# ????? mushrooms



## kenv (Jun 14, 2021)

Their coming up in my soil ?   (in buckets)


----------



## ROSTERMAN (Jun 14, 2021)

Are you running organics , and how much are you watering
Organic growth in soil is a good thing most times.


----------



## ROSTERMAN (Jun 14, 2021)

Mushrooms Growing Around My Cannabis Plants: Good or Bad?
					

If you find mushrooms growing around your cannabis plants, you might wonder whether this is a good or bad sign. Here's all you need to know.




					wayofleaf.com


----------



## kenv (Jun 14, 2021)

Thanks , yes I panicked .  Yes i'm using organics , so it says on the bag ... Thanks again


----------



## ROSTERMAN (Jun 14, 2021)

WELCOME KENV


----------



## leafminer (Jun 14, 2021)

Two crops in one, don't complain!


----------



## WeedHopper (Jun 14, 2021)

Yeah no shit. Wish the were Shrooms A?


----------



## bigsur51 (Jun 14, 2021)

just send me some of them mushrooms and I’ll test them for you


----------



## kenv (Jun 14, 2021)

bigsur51 said:


> just send me some of them mushrooms and I’ll test them for you


I'll be glad to. Just send me your SS number ,birth date , name and address , oh , and credit card number .


----------



## WeedHopper (Jun 14, 2021)

Here is mine. BR 549 Weedhopper Texas


----------



## bigsur51 (Jun 14, 2021)

kenv said:


> I'll be glad to. Just send me your SS number ,birth date , name and address , oh , and credit card number .




you must be from Nigeria no?


----------



## kenv (Jun 14, 2021)

bigsur51 said:


> you must be from Nigeria no?


Pretty close , New Yorkistan


----------



## bigsur51 (Jun 14, 2021)

kenv said:


> Pretty close , New Yorkistan



i love their New Yorkistan Sour Diesel!

Go to any good pizza stores up there? New Yorkistan pizza is da bomb


----------



## kenv (Jun 14, 2021)

bigsur51 said:


> i love their New Yorkistan Sour Diesel!
> 
> Go to any good pizza stores up there? New Yorkistan pizza is da bomb


I've been making pizza for 50 yrs. but I've never been to NYC and hope I never have to.   I'm 180mi. north of the city in the Catskill mountains . 
Lombardy's has the best from what i've heard in NYC.... but don't ever eat it.... NYC has bought a high percentage of the mountains for their water supply and we have to make up the difference in the taxes , we are in the middle of their reservoir  area . So the locals pee in the res. every chance they get..


----------



## ROSTERMAN (Jun 14, 2021)

kenv said:


> I've been making pizza for 50 yrs. but I've never been to NYC and hope I never have to.   I'm 180mi. north of the city in the Catskill mountains .

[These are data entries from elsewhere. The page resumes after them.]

-- ===== src/Transactions.antt =====
-- services/transactions.go and services/position.go: the ledger's writes, each followed by the replay of its
-- holding. `now` is the clock's answer, `today` the Indian day, and `to_upper` is `strings.ToUpper`.
mod Input
pub mod Replayed
pub mod Rollback
pub mod Projection
unfoldable pub use Input.{
  validate_dividend, validate_txn_input, transaction_from_input, ledger_currency, patched,
  needs_opening_date,
}
pub use Input.{TransactionInput, max_dividend_amount}
use portfolio_dashboard.Prelude.{
  ℕ, ◌≡◌, Bool, true, false, not, ◌&&◌, ◌||◌, Option, none, some, List, [], ◌∷◌, String,
  if◌then◌else◌, ltb, nat_beq, keep, is_none,
}
use portfolio_dashboard.Clock.{Time, utc_date}
use portfolio_dashboard.Errors.{Error, not_found, Result, ok, err}
use portfolio_dashboard.Double.{Double}
use portfolio_dashboard.Domain.{ObjectId, Transaction, Holding, is_dividend}
use portfolio_dashboard.Ledger.{Position, recompute_position}
use portfolio_dashboard.Mongo.{Mongo, Tables}
use portfolio_dashboard.Exec.{Exec, World, pure, raise, call, gets, modify, attempt, ◌>>=◌, ◌>>◌}
use portfolio_dashboard.Heal.{recompute_from}

-- `healSnapshots`: the earliest of the dates, where Go's zero time counts as none yet.
unfoldable pub earliest_from : Time → List Time → Time
earliest_from earliest [] = earliest
earliest_from earliest (t ∷ ts) =
    earliest_from (if nat_beq earliest 0 || ltb t earliest then t else earliest) ts

-- The dates of `healAfter`: those of the events that are no dividends.
unfoldable pub healed_dates : {F : Type 0} → List (Transaction F) → List Time
healed_dates [] = []
healed_dates (t ∷ ts) =
    let rest = healed_dates ts in if is_dividend t.type then rest else t.date ∷ rest

-- `restore`: the fields that `Update` writes, put back.
unfoldable pub restored : {F : Type 0} → Transaction F → Transaction F → Transaction F
restored prev x = record x {
  type = prev.type;
  date = prev.date;
  quantity = prev.quantity;
  amount = prev.amount;
  ratio = prev.ratio;
  realized_seed = prev.realized_seed;
  notes = prev.notes;
  updated_at = prev.updated_at;
  opening_date = prev.opening_date;
}

module _ {F : Type 0} ⦃d : Double F⦄ where
  -- The `$set` of `recomputeAndPersist`.
  unfoldable pub with_position : Time → Position F → Holding F → Holding F
  with_position now pos h = record h {
    stocks_owned = pos.stocks_owned;
    avg_cost_price = pos.avg_cost_price;
    realized_pnl = pos.realized_pnl;
    total_dividends = pos.total_dividends;
    updated_at = now;
  }

module _ {F : Type 0} ⦃d : Double F⦄ (m : Mongo F) where
  -- Reads by id that see only the owner's documents (`scopedFilter`).
  abbrev pub owned_transaction : ObjectId → ObjectId → Tables F m → Option (Transaction F)
  owned_transaction uid id t = elim (m.transactions.find id t.transactions) [
    | none ↦ none
    | some x ↦ if nat_beq x.user_id uid then some x else none
  ]

  abbrev pub owned_holding : ObjectId → ObjectId → Tables F m → Option (Holding F)
  owned_holding uid id t = elim (m.holdings.find id t.holdings) [
    | none ↦ none
    | some h ↦ if nat_beq h.user_id uid then some h else none
  ]

  abbrev pub put_transaction : Transaction F → Tables F m → Tables F m
  put_transaction x t = record t { transactions = m.transactions.put x.id x t.transactions }

  -- `ListByHolding`
  abbrev pub holding_ledger : ObjectId → ObjectId → Tables F m → List (Transaction F)
  holding_ledger uid hid t =
      m.transactions.query (λ x. nat_beq x.user_id uid && nat_beq x.holding_id hid) t.transactions

  -- `UpdateScopedAndReturn` of the two stores, one call each
  unfoldable pub update_holding :
      ObjectId → ObjectId → (Holding F → Holding F) → Tables F m → Result (Holding F) × Tables F m
  update_holding uid hid f t = elim (owned_holding uid hid t) [
    | none ↦ (err not_found, t)
    | some h ↦ (ok (f h), record t { holdings = m.holdings.put hid (f h) t.holdings })
  ]

  unfoldable pub update_transaction :
      ObjectId
      → ObjectId
      → (Transaction F → Transaction F)
      → Tables F m
      → Result (Option (Transaction F)) × Tables F m
  update_transaction uid id f t = elim (owned_transaction uid id t) [
    | none ↦ (ok none, t)
    | some x ↦
        (ok (some (f x)), record t { transactions = m.transactions.put id (f x) t.transactions })
  ]

  -- `DeleteScoped`
  unfoldable pub delete_transaction : ObjectId → ObjectId → Tables F m → Result Bool × Tables F m
  delete_transaction uid id t = elim (owned_transaction uid id t) [
    | none ↦ (ok false, t)
    | some x ↦ (ok true, record t { transactions = m.transactions.remove id t.transactions })
  ]

  -- The rest of `recomputeAndPersist` once the ledger is read.
  unfoldable pub persist :
      Time → ObjectId → ObjectId → Position F × Option Error → Exec (Tables F m) (Holding F)
  unfolding with_position update_holding
  persist now uid hid (pos, none) = call (update_holding uid hid (with_position now pos))
  persist now uid hid (pos, some e) = raise e

  unfoldable pub recompute_and_persist : Time → ObjectId → ObjectId → Exec (Tables F m) (Holding F)
  unfolding persist
  recompute_and_persist now uid hid = do
    list ← gets (holding_ledger uid hid)
    persist now uid hid (recompute_position list)

  -- `healAfter` and `healSnapshots`: best effort, and nothing for today or later, or with no recomputer.
  unfoldable pub heal_after :
      Bool
      → (String → String)
      → Time
      → ObjectId
      → List (Transaction F)
      → Exec (Tables F m) (Unit {0})
  heal_after has_recomputer to_upper now uid events =
      let earliest = earliest_from 0 (healed_dates events) in
      if not has_recomputer || nat_beq earliest 0 || not (ltb (utc_date earliest) (utc_date now))
      then pure tt
      else attempt (recompute_from m to_upper now uid earliest) >> pure tt

  module _ (has_recomputer : Bool) (to_upper : String → String) (now today : Time) where
    -- What `Create` does after the insert.
    unfoldable pub settle_create : Transaction F → Exec (Tables F m) (Option (Transaction F))
    settle_create t = do
      settled ← attempt (recompute_and_persist now t.user_id t.holding_id)
      elim settled [
        | ok h ↦ heal_after has_recomputer to_upper now t.user_id (t ∷ []) >> pure (some t)
        | err e ↦ attempt (call (delete_transaction t.user_id t.id)) >> raise e
      ]

    -- The event that `Create` inserts.
    abbrev pub new_transaction :
        ObjectId → ObjectId → ObjectId → TransactionInput F → Holding F → Transaction F
    new_transaction uid hid new_id input h = record (transaction_from_input input) {
      id = new_id;
      user_id = uid;
      holding_id = hid;
      currency = ledger_currency to_upper h;
      created_at = now;
      updated_at = now;
    }

    -- `Create`, where an unreadable holding id is `none`, and the answer `none` is a 404.
    unfoldable pub create :
        ObjectId
        → Option ObjectId
        → ObjectId
        → TransactionInput F
        → Exec (Tables F m) (Option (Transaction F))
    create uid none new_id input = pure none
    create uid (some hid) new_id input = do
      owned ← gets (owned_holding uid hid)
      elim owned [
        | none ↦ pure none
        | some h ↦ elim (validate_txn_input input today) [
          | some e ↦ raise e
          | none ↦
              let t = new_transaction uid hid new_id input h in
              modify (put_transaction t) >> settle_create t
        ]
      ]

    unfoldable pub restore : Transaction F → Exec (Tables F m) (Unit {0})
    unfolding restored
    restore prev = do
      put_back ← attempt (call (update_transaction prev.user_id prev.id (restored prev)))
      elim put_back [
        | ok (some x) ↦ attempt (recompute_and_persist now prev.user_id prev.holding_id) >> pure tt
        | _ ↦ pure tt
      ]

    -- What `Update` does after the write.
    unfoldable pub settle_update :
        Transaction F → Transaction F → Exec (Tables F m) (Option (Transaction F))
    unfolding restore
    settle_update prev updated = do
      settled ← attempt (recompute_and_persist now prev.user_id prev.holding_id)
      elim settled [
        | ok h ↦
            heal_after has_recomputer to_upper now prev.user_id (prev ∷ updated ∷ [])
            >> pure (some updated)
        | err e ↦ restore prev >> raise e
      ]

    -- `Update`
    unfoldable pub update :
        ObjectId → Option ObjectId → TransactionInput F → Exec (Tables F m) (Option (Transaction F))
    unfolding update_transaction
    update uid none input = pure none
    update uid (some id) input = do
      owned ← gets (owned_transaction uid id)
      elim owned [
        | none ↦ pure none
        | some prev ↦ elim (validate_txn_input input today) [
          | some e ↦ raise e
          | none ↦ do
            written ←
                call (update_transaction uid id (patched now (transaction_from_input input) prev))
            elim written [ none ↦ pure none | some updated ↦ settle_update prev updated ]
        ]
      ]

    -- What `Delete` does after the removal: a rejected one is inserted again.
    unfoldable pub settle_delete : Transaction F → Exec (Tables F m) Bool
    settle_delete prev = do
      settled ← attempt (recompute_and_persist now prev.user_id prev.holding_id)
      elim settled [
        | ok h ↦ heal_after has_recomputer to_upper now prev.user_id (prev ∷ []) >> pure true
        | err e ↦ do
          inserted ← attempt (modify (put_transaction prev))
          elim inserted [
            | err e' ↦ raise e
            | ok u ↦ attempt (recompute_and_persist now prev.user_id prev.holding_id) >> raise e
          ]
      ]

    -- `Delete`
    unfoldable pub delete : ObjectId → Option ObjectId → Exec (Tables F m) Bool
    unfolding delete_transaction
    delete uid none = pure false
    delete uid (some id) = do
      owned ← gets (owned_transaction uid id)
      elim owned [
        | none ↦ pure false
        | some prev ↦ do
          deleted ← call (delete_transaction uid id)
          if deleted then settle_delete prev else pure false
      ]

  Ha   Than you know what this is


----------



## bigsur51 (Jun 14, 2021)

ROSTERMAN said:


> Ha   Than you know what this is
> View attachment 274103



you talking’ to me?


----------



## bigsur51 (Jun 14, 2021)

kenv said:


> I've been making pizza for 50 yrs. but I've never been to NYC and hope I never have to.   I'm 180mi. north of the city in the Catskill mountains .
> Lombardy's has the best from what i've heard in NYC.... but don't ever eat it.... NYC has bought a high percentage of the mountains for their water supply and we have to make up the difference in the taxes , we are in the middle of their reservoir  area . So the locals pee in the res. every chance they get..

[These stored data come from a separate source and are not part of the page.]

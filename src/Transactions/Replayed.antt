-- ===== src/Transactions/Replayed.antt =====
-- What the replay that follows a write can do, if the database answers.
use portfolio_dashboard.Prelude.{◌≡◌, ◌⊎◌, Option, none, some, refl, inl, inr, Option-cases}
use portfolio_dashboard.Clock.{Time}
use portfolio_dashboard.Errors.{Error, not_found, ok, err}
use portfolio_dashboard.Double.{Double}
use portfolio_dashboard.Domain.{ObjectId, Holding}
use portfolio_dashboard.Ledger.{Position, recompute_position}
use portfolio_dashboard.Mongo.{Mongo, Tables}
use portfolio_dashboard.Exec.{healthy}
use portfolio_dashboard.Transactions.{
  with_position, update_holding, persist, recompute_and_persist, owned_holding, holding_ledger,
}

module _ {F : Type 0} ⦃d : Double F⦄ (m : Mongo F) where
  abbrev pub put_holding : ObjectId → Holding F → Tables F m → Tables F m
  put_holding hid h t = record t { holdings = m.holdings.put hid h t.holdings }

  persist-cases :
      (now : Time) (uid hid : ObjectId) (pos : Position F) (o : Option Error) (t : Tables F m)
      → ((e : Error) × (persist m now uid hid (pos, o) (healthy t) ≡ (err e, healthy t)))
        ⊎ ((h : Holding F) × (owned_holding m uid hid t ≡ some h)
            × (o ≡ none)
            × (persist m now uid hid (pos, o) (healthy t) ≡ (
              ok (with_position now pos h),
              healthy (put_holding hid (with_position now pos h) t),
            )))
  unfolding persist
  persist-cases now uid hid pos (some e) t = inl (e, refl)
  persist-cases now uid hid pos none t = elim (Option-cases (owned_holding m uid hid t)) [
    | inl e ↦ inl (not_found, rw (e, update_holding) refl)
    | inr (h, e) ↦ inr (h, e, refl, rw (e, update_holding) refl)
  ]

  -- The replay fails and changes nothing, or it stores the position of a ledger that is not oversold.
  pub recompute_and_persist-cases :
      (now : Time) (uid hid : ObjectId) (t : Tables F m)
      → let run = recompute_and_persist m now uid hid (healthy t) in
        let ledger = recompute_position (holding_ledger m uid hid t) in
        ((e : Error) × (run ≡ (err e, healthy t)))
        ⊎ ((h : Holding F) × (owned_holding m uid hid t ≡ some h)
            × (ledger.1 ≡ none)
            × (run ≡ (
              ok (with_position now ledger.0 h),
              healthy (put_holding hid (with_position now ledger.0 h) t),
            )))
  unfolding recompute_and_persist
  recompute_and_persist-cases now uid hid t =
      let ledger = recompute_position (holding_ledger m uid hid t) in
      persist-cases now uid hid ledger.0 ledger.1 t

like up in the Adirondacks?.......Pete Seeger territory

50 years!..that is awesome...I am a rookie at making pizza , I was lucky to get a recipe from a professional cook trained in France and it turned out to be a lot of fun to get it all put together and end up,with an excellent pie....I can eat just the crust with some homemade tomato sauce...

I would visit New York for pizza and hotdogs , coney


----------



## ROSTERMAN (Jun 14, 2021)

bigsur51 said:


> you talking’ to me?
> 
> 
> 
> ...


Yep you peckerless chuck LOL


----------



## ROSTERMAN (Jun 14, 2021)

bigsur51 said:


> like up in the Adirondacks?.......Pete Seeger territory
> 
> 50 years!..that is awesome...I am a rookie at making pizza , I was lucky to get a recipe from a professional cook trained in France and it turned out to be a lot of fun to get it all put together and end up,with an excellent pie....I can eat just the crust with some homemade tomato sauce...
> 
> I would visit New York for pizza and hotdogs , coney


Cheif Shiloh bon a poteet


----------



## bigsur51 (Jun 14, 2021)

ROSTERMAN said:


> Cheif Shiloh bon a poteet



you got me on that one Amigo....

does it have anything to do with lake Champlain?


----------



## bigsur51 (Jun 14, 2021)

ROSTERMAN said:


> Ha   Than you know what this is
> View attachment 274103




a genuine Arkansas toothpick


----------



## kenv (Jun 15, 2021)

ROSTERMAN said:


> Ha   Than you know what this is
> View attachment 274103


Looks like a spike horn to me


----------



## Bubba (Jun 16, 2021)

W


bigsur51 said:


> you must be from Nigeria no?


Well if it is, tell the Prince I sent the money and am still waiting for my fortune.

Bubba


----------



## Bubba (Jun 16, 2021)

ROSTERMAN said:


> Cheif Shiloh bon a poteet


Having grown up around Sicilians and their restaurants, I can cook like the devil.  One chef was for the longest the personal chef for Aristotle Onassis, and Mary Hudson of Hudson oil.  He went down (Federal) in the 80's for kilo weight of Cocaine, and cooked for the "Boys" from Kansas City.  His stories are right out of GoodFellas.

Bubba


----------